-- ===== src/Agent/Action/Safety.antt =====
-- The agent's actions: what each part of them may change.
use sre_agent_gitops.Prelude.{
  Bool, Bool-cases, Context, Sha256, String, Time, arith, false, inl, inr, true, ◌≡◌, ℕ, ◌!=◌,
  eq_iff, text_eq, nat_eq, ltb, ◌==◌, ◌&&◌,
}
use sre_agent_gitops.Prelude.Method.{Result, final, ok, result}
use sre_agent_gitops.Incident.{Claim, Incident, state_eq}
use sre_agent_gitops.Remediation.Keys.{action_key, action_key_eq, ExecutionKey}
use sre_agent_gitops.Remediation.Attempt.{
  ActionAttempt, started, status_eq, CompleteActionAttemptCommand, RecoverActionAttemptCommand,
  BeginActionAttemptCommand,
}
use sre_agent_gitops.Remediation.Attempt.Store.{
  MemoryActionAttemptStore, complete, recover, new_attempt, completed, recovered, begin,
}
use sre_agent_gitops.Remediation.Attempt.Steps.{
  Call, Change, completes, recovers, begun, ended, given_up, step, step-Change, unchanged, begins,
}
use sre_agent_gitops.Remediation.Verification.{VerificationSubject, verification_status_eq}
use sre_agent_gitops.Approval.{Plan}
use sre_agent_gitops.Approval.PlanStore.{publish}
use sre_agent_gitops.Agent.Action.Attempting.{
  complete_action_attempt, existing_attempt, fence_action, publish_canonical_plan, give_up,
  skip_ended, begin_action_attempt, after_begin, execution_key,
}
use sre_agent_gitops.Agent.Action.{ActionAgent, Given, World, begin_verification, coded}
use sre_agent_gitops.Agent.Action.Extending.{
  Grows, Safe, Safe-bind, Safe-after, Safe-returns, Safe-fails, Safe-unless, Safe-on_plans,
  Safe-on_attempts, put-Grows, safe,
}

module _ (digest : String → String) where
  change-Grows : (s t : MemoryActionAttemptStore) → Change digest s t → Grows s t
  change-Grows s t (unchanged e) = rw e (λ k h. h)
  change-Grows s t (begun c v n e) = rw e (put-Grows (action_key c.key) (new_attempt digest c) s)
  change-Grows s t (ended c x f d e) = rw e (put-Grows (action_key c.key) (completed x c) s)
  change-Grows s t (given_up c x f d e) = rw e (put-Grows (action_key c.key) (recovered x c) s)

  -- No call of the attempt store loses an attempt.
  pub step-Grows : (call : Call) (s : MemoryActionAttemptStore) → Grows s (step digest call s)
  step-Grows call s = change-Grows s (step digest call s) (step-Change digest call s)

module _ (digest : String → String) where
  complete-Grows :
      (ctx : Context) (c : CompleteActionAttemptCommand) (s : MemoryActionAttemptStore)
      → Grows s (final (complete ctx c) s)
  unfolding step
  complete-Grows ctx c s = step-Grows digest (completes ctx c) s

  pub begin-Grows :
      (ctx : Context) (c : BeginActionAttemptCommand) (s : MemoryActionAttemptStore)
      → Grows s (final (begin digest ctx c) s)
  unfolding step
  begin-Grows ctx c s = step-Grows digest (begins ctx c) s

  recover-Grows :
      (ctx : Context) (c : RecoverActionAttemptCommand) (s : MemoryActionAttemptStore)
      → Grows s (final (recover ctx c) s)
  unfolding step
  recover-Grows ctx c s = step-Grows digest (recovers ctx c) s

module _ (agent : ActionAgent) where
  pub Safe-begin_verification :
      (ctx : Context) (started_at : Time) (current : Incident) (attempt : ActionAttempt)
      (expected : ℕ) (subject : VerificationSubject)
      → Safe (begin_verification agent ctx started_at current attempt expected subject)
  unfolding begin_verification
  Safe-begin_verification ctx started_at current attempt expected subject = search (safe) depth 14

module _ (agent : ActionAgent) (sha : Sha256) (given : Given) where
  Safe-publish : (plan : Plan) → Safe (publish_canonical_plan agent sha given plan)
  unfolding publish_canonical_plan
  Safe-publish plan =
      Safe-unless _ _ _ (
        Safe-on_plans (coded "publish canonical remediation plan") (publish sha (given.ctx 3) plan))

  pub Safe-fence_action :
      (current : Incident) (plan : Plan) → Safe (fence_action agent sha given current plan)
  unfolding fence_action
  Safe-fence_action current plan = search (safe, Safe-publish) depth 14

  -- A plan is attempted for its own incident only.
  pub fence_action-incident :
      (current : Incident) (plan : Plan) (w : World) (granted : Claim)
      → result (fence_action agent sha given current plan) w ≡ ok granted
      → plan.incident_id ≡ current.id
  unfolding fence_action
  fence_action-incident current plan w granted h =
      ground (arith, eq_iff plan.incident_id current.id)

  Safe-give_up :
      (current : Incident) (granted : Claim) (key : ExecutionKey) (subject : VerificationSubject)
      → Safe (give_up agent sha given current granted key subject)
  Safe-give_up current granted key subject =
      Safe-bind _ _
        (Safe-on_attempts (coded "ACTION_ATTEMPT_RECOVERY_FAILED") (recover _ _)
          (recover-Grows sha.hex12 _ _))
        (λ (out : ActionAttempt × Bool).
          Safe-after _ _ (Safe-begin_verification agent _ _ _ _ _ _)
            (Safe-fails "PREVIOUS_EXECUTOR_LOST"))

  Safe-skip_ended :
      (granted : Claim) (key : ExecutionKey) (subject : VerificationSubject)
      (attempt : ActionAttempt)
      → Safe (skip_ended agent sha given granted key subject attempt)
  Safe-skip_ended granted key subject attempt =
      Safe-bind _ _ (Safe-begin_verification agent _ _ _ _ _ _)
        (λ _. Safe-fails "DUPLICATE_ACTION_ATTEMPT")

  pub Safe-existing_attempt :
      (current : Incident) (granted : Claim) (key : ExecutionKey) (subject : VerificationSubject)
      (attempt : ActionAttempt)
      → Safe (existing_attempt agent sha given current granted key subject attempt)
  Safe-existing_attempt current granted key subject attempt =
      elim (Bool-cases
        (attempt.status == started && ltb attempt.key.fencing_token key.fencing_token)) [
          | inl e ↦ rw e (Safe-give_up current granted key subject)
          | inr e ↦ elim (Bool-cases (attempt.status != started)) [
            | inl d ↦ rw (e, d) (Safe-skip_ended granted key subject attempt)
            | inr d ↦ rw (e, d) (Safe-fails "DUPLICATE_ACTION_ATTEMPT")
          ]
        ]

  pub Safe-complete :
      (attempt : ActionAttempt) (outcome : Result String Unit)
      → Safe (complete_action_attempt agent sha given attempt outcome)
  unfolding complete_action_attempt
  Safe-complete attempt outcome = Safe-unless _ _ _ (
      Safe-on_attempts (coded "ACTION_ATTEMPT_RESULT_PERSIST_FAILED") (complete _ _)
        (complete-Grows sha.hex12 _ _))

  pub Safe-begin_action_attempt :
      (current : Incident) (plan : Plan) (subject : VerificationSubject)
      → Safe (begin_action_attempt agent sha given current plan subject)
  unfolding begin_action_attempt
  Safe-begin_action_attempt current plan subject =
      Safe-bind _ _ (Safe-fence_action current plan) (λ granted.
        Safe-bind _ _
          (Safe-on_attempts (coded "ACTION_ATTEMPT_BEGIN_FAILED") (begin sha.hex12 _ _)
            (begin-Grows sha.hex12 _ _))
          (λ begun. after granted begun))
    where
      after :
          (granted : Claim) (begun : ActionAttempt × Bool)
          → Safe (
              after_begin agent sha given current granted
                (execution_key current plan granted)
                subject
                begun)
      after granted (x, true) = Safe-returns x
      after granted (x, false) = Safe-existing_attempt current granted _ subject x
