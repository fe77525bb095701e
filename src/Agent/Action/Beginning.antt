-- ===== src/Agent/Action/Beginning.antt =====
-- agent_action_attempt.go: an attempt that the agent is given to carry out is a new one.
use sre_agent_gitops.Prelude.{
  Bool, Bool-cases, Context, Option-cases, Sha256, String, ap, arith, false, inl, inr, none, refl,
  some, sym, true, ◌∙◌, ◌≡◌, ◌≢◌, ◌!=◌, ◌==◌, ◌&&◌, ltb, text_eq,
}
use sre_agent_gitops.Prelude.Method.{
  Method, Result, continue, err, fails, final, ok, result, ◌>>=◌, ◌>>◌,
}
use sre_agent_gitops.Incident.{Claim, Incident}
use sre_agent_gitops.Remediation.Keys.{
  ActionKey, ExecutionKey, action_key, action_key_eqb_iff, Error as RemediationError,
}
use sre_agent_gitops.Remediation.Attempt.{
  ActionAttempt, BeginActionAttemptCommand, started, status_eq,
}
use sre_agent_gitops.Remediation.Attempt.Store.{
  MemoryActionAttemptStore, attempt_of, begin, put, new_attempt,
}
use sre_agent_gitops.Remediation.Attempt.Steps.{lookup-put}
use sre_agent_gitops.Remediation.Verification.{VerificationSubject}
use sre_agent_gitops.Approval.{Plan}
use sre_agent_gitops.Agent.Action.Extending.{put-Grows, Extends, Grows}
use sre_agent_gitops.Agent.Action.Safety.{Safe-fence_action, fence_action-incident}
use mathlib.Core.Path.{subst}
use sre_agent_gitops.Agent.Action.{coded, placed, ActionAgent, Given, World}
use sre_agent_gitops.Agent.Action.Attempting.{
  after_begin, begin_action_attempt, begin_fenced, existing_attempt, execution_key, fence_action,
  give_up, skip_ended,
}

pub begin_created :
    (digest : String → String) (ctx : Context) (c : BeginActionAttemptCommand)
    (s t : MemoryActionAttemptStore) (a : ActionAttempt)
    → begin digest ctx c s ≡ (ok (a, true), t)
    → (attempt_of (action_key c.key) s ≡ none)
      × (t ≡ put (action_key c.key) (new_attempt digest c) s)
unfolding begin
begin_created digest ctx c s t a h = elim (Option-cases (attempt_of (action_key c.key) s)) [
  | inl e ↦ (e, ground arith)
  | inr (x, e) ↦ absurd (ground arith)
]

pub put_found :
    (k : ActionKey) (a : ActionAttempt) (s : MemoryActionAttemptStore)
    → attempt_of k (put k a s) ≡ some a
put_found k a s = ground (arith, lookup-put k k a s, action_key_eqb_iff k k)

-- what returns nothing
pub record Never {A : Type 0} (m : Method World String A) : Type 0 where
  pub run : (w : World) (a : A) → ¬ (result m w ≡ ok a)

Never-fails : {A : Type 0} (e : String) → Never {A = A} (fails e)
Never-fails e = record { run = λ w a h. absurd (ground arith) }

Never-bind :
    {A B : Type 0} (m : Method World String A) (f : A → Method World String B)
    → ((a : A) → Never (f a))
    → Never (m >>= f)
Never-bind {A} {B} m f never = record { run = λ w b. go (m w) b }
  where
    go : (o : Result String A × World) (b : B) → ¬ ((continue o f).0 ≡ ok b)
    go (ok a, t) b h = (never a).run t b h
    go (err d, t) b h = absurd (ground arith)

Never-after :
    {A B : Type 0} (m : Method World String A) (n : Method World String B)
    → Never n
    → Never (m >> n)
Never-after {A} {B} m n never = record { run = λ w b. go (m w) b }
  where
    go : (o : Result String A × World) (b : B) → ¬ ((continue o (λ _. n)).0 ≡ ok b)
    go (ok a, t) b h = never.run t b h
    go (err d, t) b h = absurd (ground arith)

-- the key under which a plan is attempted
abbrev pub plan_action_key : Plan → ActionKey
plan_action_key plan = record {
  incident_id = plan.incident_id;
  plan_hash = plan.hash;
  target_uid = plan.target.uid;
}

-- An attempt begun for a plan: there was none under the plan's key, and there is one.
pub record Begins (plan : Plan) (w t : World) : Type 0 where
  pub deletions : t.deletions ≡ w.deletions
  pub grows : Grows w.attempts t.attempts
  pub fresh : attempt_of (plan_action_key plan) w.attempts ≡ none
  pub taken : attempt_of (plan_action_key plan) t.attempts ≢ none

module _ (agent : ActionAgent) (sha : Sha256) (given : Given) where
  Never-give_up :
      (current : Incident) (granted : Claim) (key : ExecutionKey) (subject : VerificationSubject)
      → Never (give_up agent sha given current granted key subject)
  Never-give_up current granted key subject = search (Never-bind, Never-after, Never-fails) depth 6

  Never-skip_ended :
      (granted : Claim) (key : ExecutionKey) (subject : VerificationSubject)
      (attempt : ActionAttempt)
      → Never (skip_ended agent sha given granted key subject attempt)
  Never-skip_ended granted key subject attempt =
      Never-after _ _ (Never-fails "DUPLICATE_ACTION_ATTEMPT")

  pub Never-existing_attempt :
      (current : Incident) (granted : Claim) (key : ExecutionKey) (subject : VerificationSubject)
      (attempt : ActionAttempt)
      → Never (existing_attempt agent sha given current granted key subject attempt)
  Never-existing_attempt current granted key subject attempt =
      elim (Bool-cases
        (attempt.status == started && ltb attempt.key.fencing_token key.fencing_token)) [
          | inl e ↦ rw e (Never-give_up current granted key subject)
          | inr e ↦ elim (Bool-cases (attempt.status != started)) [
            | inl d ↦ rw (e, d) (Never-skip_ended granted key subject attempt)
            | inr d ↦ rw (e, d) (Never-fails "DUPLICATE_ACTION_ATTEMPT")
          ]
        ]

  begin_fenced-Begins :
      (current : Incident) (plan : Plan) (subject : VerificationSubject) (granted : Claim)
      (w : World) (a : ActionAttempt)
      → plan.incident_id ≡ current.id
      → result (begin_fenced agent sha given current plan subject granted) w ≡ ok a
      → Begins plan w (final (begin_fenced agent sha given current plan subject granted) w)
  begin_fenced-Begins current plan subject granted w a same h = go _ refl h
    where
      command : BeginActionAttemptCommand
      command = record { key = execution_key current plan granted; started_at = given.now 5 }

      missing :
          (x : ActionAttempt) (before after : MemoryActionAttemptStore)
          → action_key command.key ≡ plan_action_key plan
          → after ≡ put (action_key command.key) x before
          → ¬ (attempt_of (plan_action_key plan) after ≡ none)
      missing x before after here written e =
          absurd (
            ground
              (arith, put_found (plan_action_key plan) x before, ap (λ k. put k x before) here))

      go :
          (o : Result RemediationError (ActionAttempt × Bool) × MemoryActionAttemptStore)
          → begin sha.hex12 (given.ctx 5) command w.attempts ≡ o
          → (continue
              (placed (λ s v. record v { attempts = s }) (coded "ACTION_ATTEMPT_BEGIN_FAILED") w o)
              (after_begin agent sha given current granted
                (execution_key current plan granted)
                subject)).0
            ≡ ok a
          → Begins plan w
              (continue
                (placed
                  (λ s v. record v { attempts = s })
                  (coded "ACTION_ATTEMPT_BEGIN_FAILED")
                  w
                  o)
                (after_begin agent sha given current granted
                  (execution_key current plan granted)
                  subject)).1
      go (err e, s) p q = absurd (ground arith)
      go (ok (x, false), s) p q = absurd (
          (Never-existing_attempt current granted (execution_key current plan granted) subject
              x).run
            (record w { attempts = s }) a q)
      go (ok (x, true), s) p q =
          let (free, written) = begin_created sha.hex12 (given.ctx 5) command w.attempts s x p in
          let here : action_key command.key ≡ plan_action_key plan = cc same in
          record {
            deletions = refl;
            grows =
                subst (Grows w.attempts) (sym written)
                  (put-Grows (action_key command.key) (new_attempt sha.hex12 command) w.attempts);
            fresh = subst (λ k. attempt_of k w.attempts ≡ none) here free;
            taken = λ e. missing (new_attempt sha.hex12 command) w.attempts s here written e;
          }

  pub begin_Begins :
      (current : Incident) (plan : Plan) (subject : VerificationSubject) (w : World)
      (a : ActionAttempt)
      → result (begin_action_attempt agent sha given current plan subject) w ≡ ok a
      → Begins plan w (final (begin_action_attempt agent sha given current plan subject) w)
  unfolding begin_action_attempt
  begin_Begins current plan subject w a h =
      go _ refl ((Safe-fence_action agent sha given current plan).run w) h
    where
      go :
          (o : Result String Claim × World)
          → fence_action agent sha given current plan w ≡ o
          → Extends w o.1
          → (continue o (begin_fenced agent sha given current plan subject)).0 ≡ ok a
          → Begins plan w (continue o (begin_fenced agent sha given current plan subject)).1
      go (err e, t) p x q = absurd (ground arith)
      go (ok granted, t) p x q =
          let b =
            begin_fenced-Begins current plan subject granted t a
              (fence_action-incident agent sha given current plan w granted (ap (λ o. o.0) p)) q in
          record {
            deletions = b.deletions ∙ x.deletions;
            grows = λ k e. x.attempts k (b.grows k e);
            fresh = x.attempts (plan_action_key plan) b.fresh;
            taken = b.taken;
          }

—————

**DIRECTIONS FOR THIS TASK:**
Find the word "unless" in the entries. Copy each line that holds it.

**REPLY TO THE TASK:**
  Grows, Safe, Safe-bind, Safe-after, Safe-returns, Safe-fails, Safe-unless, Safe-on_plans,
      Safe-unless _ _ _ (
  Safe-complete attempt outcome = Safe-unless _ _ _ (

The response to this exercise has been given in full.